One of the most popular approaches is mediation where a neutral third party, a mediator, helps parties identify and discuss parenting, separation, or divorce issues and resolve their differences. The goal here is to communicate effectively to try and reach an agreement both sides can accept. A mediator doesn’t make decisions for you but instead helps identify issues and possible solutions.
Why avoid the courtroom?
Mediation has generally been a less expensive and faster way to reach an agreement or resolve a family law dispute. In light of the court closures, backlogs and delays caused by COVID-19, the time and cost savings associated with mediation are undeniable.
I recently scheduled a case conference on a non-urgent matter, and the next court date available was in August 2022. Most cases don’t involve an urgent matter, so waiting for 10 months or longer to get a child or spousal support order is not sustainable for most clients.
It’s not only the time but there’s also the cost. For example, bringing a motion can start at $5,000 and run upwards of $20,000 — and that’s typically one day in court where a judge will decide on one issue temporarily. That’s a lot of money to determine if and how much child support someone should be paying or to decide an interim parenting arrangement that is likely to change as the children get older.
Even if litigation is ongoing, couples always have the opportunity to deal with some issues outside of court for a fraction of the cost. Clients sometimes think that once they start litigation, everything else is off the table. But it’s not an all-or-nothing proposition. If you’re in litigation and mediate even one issue, that’s one less issue for a judge to decide. Incorporating mediation into your litigation will have enormous time and cost savings.
Another important benefit of mediation is that it can preserve relationships, which is particularly important when there are children involved. Affidavit and court applications lend themselves to listing negative things about the other person and make it harder to have an ongoing co-parenting relationship.
Courts are not designed to deal with issues in the customized way mediation does. Generally, a court is meant to give broad orders — for example, what days of the week a child will stay with each parent. With mediation, there is a chance to be more specific and fine-tune the parenting plan, including setting clear boundaries around communication or the day-to-day care of your children. The more detail in the agreement, the less likely there will be conflicts in the future.
Is mediation for everyone?
By legislating lawyers to discuss the family dispute resolution process, the federal government is signalling that court should be a last resort and only used when ADR isn’t appropriate.

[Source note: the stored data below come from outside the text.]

-- ===== src/Engine/Queue/Recovery/Prices.antt =====
-- crates/nzbd-engine/src/queue.rs: what `price_paused_pars` and `smallest_paused_par` answer.
use nzbd.Prelude.{
  ℕ, zero, suc, ◌+◌, ◌≤◌, ◌≡◌, ◌⊎◌, inl, inr, refl, sym, subst, ap, ◌∙◌, Bool, true, false, List,
  [], ◌∷◌, Option, none, some, arith, In, length, select, In-select, ltb, if◌then◌else◌,
}
use nzbd.Types.Job.{FileId, FileEntry, Job}
use nzbd.Engine.Queue.Recovery.{
  ParCandidate, vol_par_blocks, file_bytes, is_paused_par, price, put_price, price_files,
  price_paused_pars, min_by_bytes, first_min, smallest_paused_par,
}

-- A candidate that stands for a file, at a price of at least one block.
pub record Priced (f : FileEntry) (priced : List ParCandidate) : Type 0 where
  pub candidate : ParCandidate
  pub listed : In candidate priced
  pub named : candidate.id ≡ f.id
  pub sized : candidate.bytes ≡ file_bytes f.segments
  pub positive : 1 ≤ candidate.blocks

-- Neither the name nor the size prices the file, so it is listed without a price.
pub record Unpriced (f : FileEntry) (block_size : Option ℕ) (unpriceable : List FileId)
    : Type 0 where
  pub listed : In f.id unpriceable
  pub nameless : vol_par_blocks f.filename ≡ none
  pub sizeless : (block_size ≡ none) ⊎ (block_size ≡ some 0)

price_one :
    (f : FileEntry) (named block_size : Option ℕ) (priced : List ParCandidate)
    (unpriceable : List FileId)
    → named ≡ vol_par_blocks f.filename
    → let r =
        put_price f.id (price f (file_bytes f.segments) named block_size) (priced, unpriceable) in
      Priced f r.0 ⊎ Unpriced f block_size r.1
price_one f (some b) block_size priced unpriceable e = inl (record {
  candidate = record { id = f.id; blocks = _; bytes = file_bytes f.segments; estimated = false };
  listed = inl refl;
  named = refl;
  sized = refl;
  positive = omega arith;
})
price_one f none none priced unpriceable e =
    inr (record { listed = inl refl; nameless = sym e; sizeless = inl refl })
price_one f none (some zero) priced unpriceable e =
    inr (record { listed = inl refl; nameless = sym e; sizeless = inr refl })
price_one f none (some (suc b)) priced unpriceable e = inl (record {
  candidate = record { id = f.id; blocks = _; bytes = file_bytes f.segments; estimated = true };
  listed = inl refl;
  named = refl;
  sized = refl;
  positive = omega arith;
})

keep :
    (f : FileEntry) (block_size : Option ℕ) (id : FileId) (o : Option ParCandidate)
    (priced : List ParCandidate) (unpriceable : List FileId)
    → Priced f priced ⊎ Unpriced f block_size unpriceable
    → let r = put_price id o (priced, unpriceable) in Priced f r.0 ⊎ Unpriced f block_size r.1
keep f block_size id none priced unpriceable (inl p) = inl p
keep f block_size id none priced unpriceable (inr u) =
    inr (record { listed = inr u.listed; nameless = u.nameless; sizeless = u.sizeless })
keep f block_size id (some c) priced unpriceable (inl p) = inl (record {
  candidate = p.candidate;
  listed = inr p.listed;
  named = p.named;
  sized = p.sized;
  positive = p.positive;
})
keep f block_size id (some c) priced unpriceable (inr u) = inr u

price_files_lem :
    (block_size : Option ℕ) (l : List FileEntry) (f : FileEntry)
    → In f l
    → Priced f (price_files block_size l).0 ⊎ Unpriced f block_size (price_files block_size l).1
unfolding price_files
price_files_lem block_size [] f m = elim m [ ]
price_files_lem block_size (x ∷ rest) f (inl e) =
    subst
      (λ y.
        Priced y (price_files block_size (x ∷ rest)).0
        ⊎ Unpriced y block_size (price_files block_size (x ∷ rest)).1)
      (sym e)
      (price_one x (vol_par_blocks x.filename) block_size (price_files block_size rest).0
        (price_files block_size rest).1 refl)
price_files_lem block_size (x ∷ rest) f (inr m) =
    keep f block_size x.id _ _ _ (price_files_lem block_size rest f m)

put_price-length :
    (id : FileId) (o : Option ParCandidate) (priced : List ParCandidate) (unpriceable : List FileId)
    → let r = put_price id o (priced, unpriceable) in
      length r.0 + length r.1 ≡ suc (length priced + length unpriceable)
put_price-length id none priced unpriceable = omega arith
put_price-length id (some c) priced unpriceable = omega arith

price_files-length :
    (block_size : Option ℕ) (l : List FileEntry)
    → length (price_files block_size l).0 + length (price_files block_size l).1 ≡ length l
unfolding price_files
price_files-length block_size [] = omega arith
price_files-length block_size (x ∷ rest) =
    put_price-length x.id (price x (file_bytes x.segments) (vol_par_blocks x.filename) block_size)
      (price_files block_size rest).0 (price_files block_size rest).1
    ∙ ap suc (price_files-length block_size rest)

-- No paused par2 file of the job is dropped: it is priced, with its own size and at least one block,
-- or it is listed as unpriceable, and then its name states no count and the block size is unknown or 0.
-- The two lists together are as long as the list of the paused par2 files.
prices_every_file :
    (j : Job) (block_size : Option ℕ) (f : FileEntry)
    → In f j.files
    → f.paused ≡ true
    → f.is_par2 ≡ true
    → let r = price_paused_pars j block_size in
      (Priced f r.0 ⊎ Unpriced f block_size r.1)
      × (length r.0 + length r.1 ≡ length (select is_paused_par j.files))
unfolding price_paused_pars
prices_every_file j block_size f m p q = (
  price_files_lem block_size _ f (In-select is_paused_par j.files f m (ground arith)),
  price_files-length block_size _,
)

-- A file of those given, and none of them has fewer bytes.
abbrev Least : FileEntry → List FileEntry → FileEntry → Type 0
Least best l least =
    ((least ≡ best) ⊎ In least l)
    × (file_bytes least.segments ≤ file_bytes best.segments)
    × ((f : FileEntry) → In f l → file_bytes least.segments ≤ file_bytes f.segments)

Least-cons :
    (best x : FileEntry) (rest : List FileEntry) (least : FileEntry) (b : Bool)
    → ltb (file_bytes x.segments) (file_bytes best.segments) ≡ b
    → Least (if b then x else best) rest least
    → Least best (x ∷ rest) least
Least-cons best x rest least true e (m, k, h) = (
  elim m [ inl i ↦ inr (inl i) | inr i ↦ inr (inr i) ],
  ground arith,
  λ f n. elim n [
    | inl i ↦ ground (arith, ap (λ (y : FileEntry). file_bytes y.segments) i)
    | inr i ↦ h f i
  ],
)
Least-cons best x rest least false e (m, k, h) = (
  elim m [ inl i ↦ inl i | inr i ↦ inr (inr i) ],
  k,
  λ f n. elim n [
    | inl i ↦ ground (arith, ap (λ (y : FileEntry). file_bytes y.segments) i)
    | inr i ↦ h f i
  ],
)

min_by_bytes-Least : (best : FileEntry) (l : List FileEntry) → Least best l (min_by_bytes best l)
unfolding min_by_bytes
min_by_bytes-Least best [] = (inl refl, omega arith, λ f m. elim m [ ])
min_by_bytes-Least best (x ∷ rest) =
    let b = ltb (file_bytes x.segments) (file_bytes best.segments) in
    Least-cons best x rest _ b refl (min_by_bytes-Least (if b then x else best) rest)

-- The paused par2 file with the fewest bytes.
pub record Cheapest (files : List FileEntry) (id : FileId) : Type 0 where
  pub file : FileEntry
  pub listed : In file files
  pub named : file.id ≡ id
  pub cheapest : (f : FileEntry) → In f files → file_bytes file.segments ≤ file_bytes f.segments

-- The probe of last resort is there whenever any par2 file is paused, and it is one with the fewest
-- bytes of those.
probes-Cheapest :
    (j : Job)
    → ((smallest_paused_par j ≡ none) × (select is_paused_par j.files ≡ []))
      ⊎ ((id : FileId) × (smallest_paused_par j ≡ some id)
          × Cheapest (select is_paused_par j.files) id)
unfolding smallest_paused_par first_min
probes-Cheapest j = probe (select is_paused_par j.files)
  where
    probe :
        (l : List FileEntry)
        → ((first_min l ≡ none) × (l ≡ []))
          ⊎ ((id : FileId) × (first_min l ≡ some id) × Cheapest l id)
    probe [] = inl (refl, refl)
    probe (x ∷ rest) =
        let r = min_by_bytes-Least x rest in
        let least = min_by_bytes x rest in
        inr (
          least.id,
          refl,
          record {
            file = least;
            listed = r.0;
            named = refl;
            cheapest = λ f m. elim m [
              | inl e ↦ omega (arith, r.1, ap (λ (y : FileEntry). file_bytes y.segments) e)
              | inr i ↦ r.2 f i
            ];
          },
        )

When I first meet with a client, I determine if there are any urgent issues, and then we explore if there’s an interest in mediation. As an experienced family mediator, I know first-hand how well the process works, but both parties must be willing to compromise.
Although it might not be appropriate in some family violence cases, mediation can work for high-conflict situations or relationships with a power imbalance. The process can work effectively and safely because of the ability to design a mediation that addresses the power dynamics.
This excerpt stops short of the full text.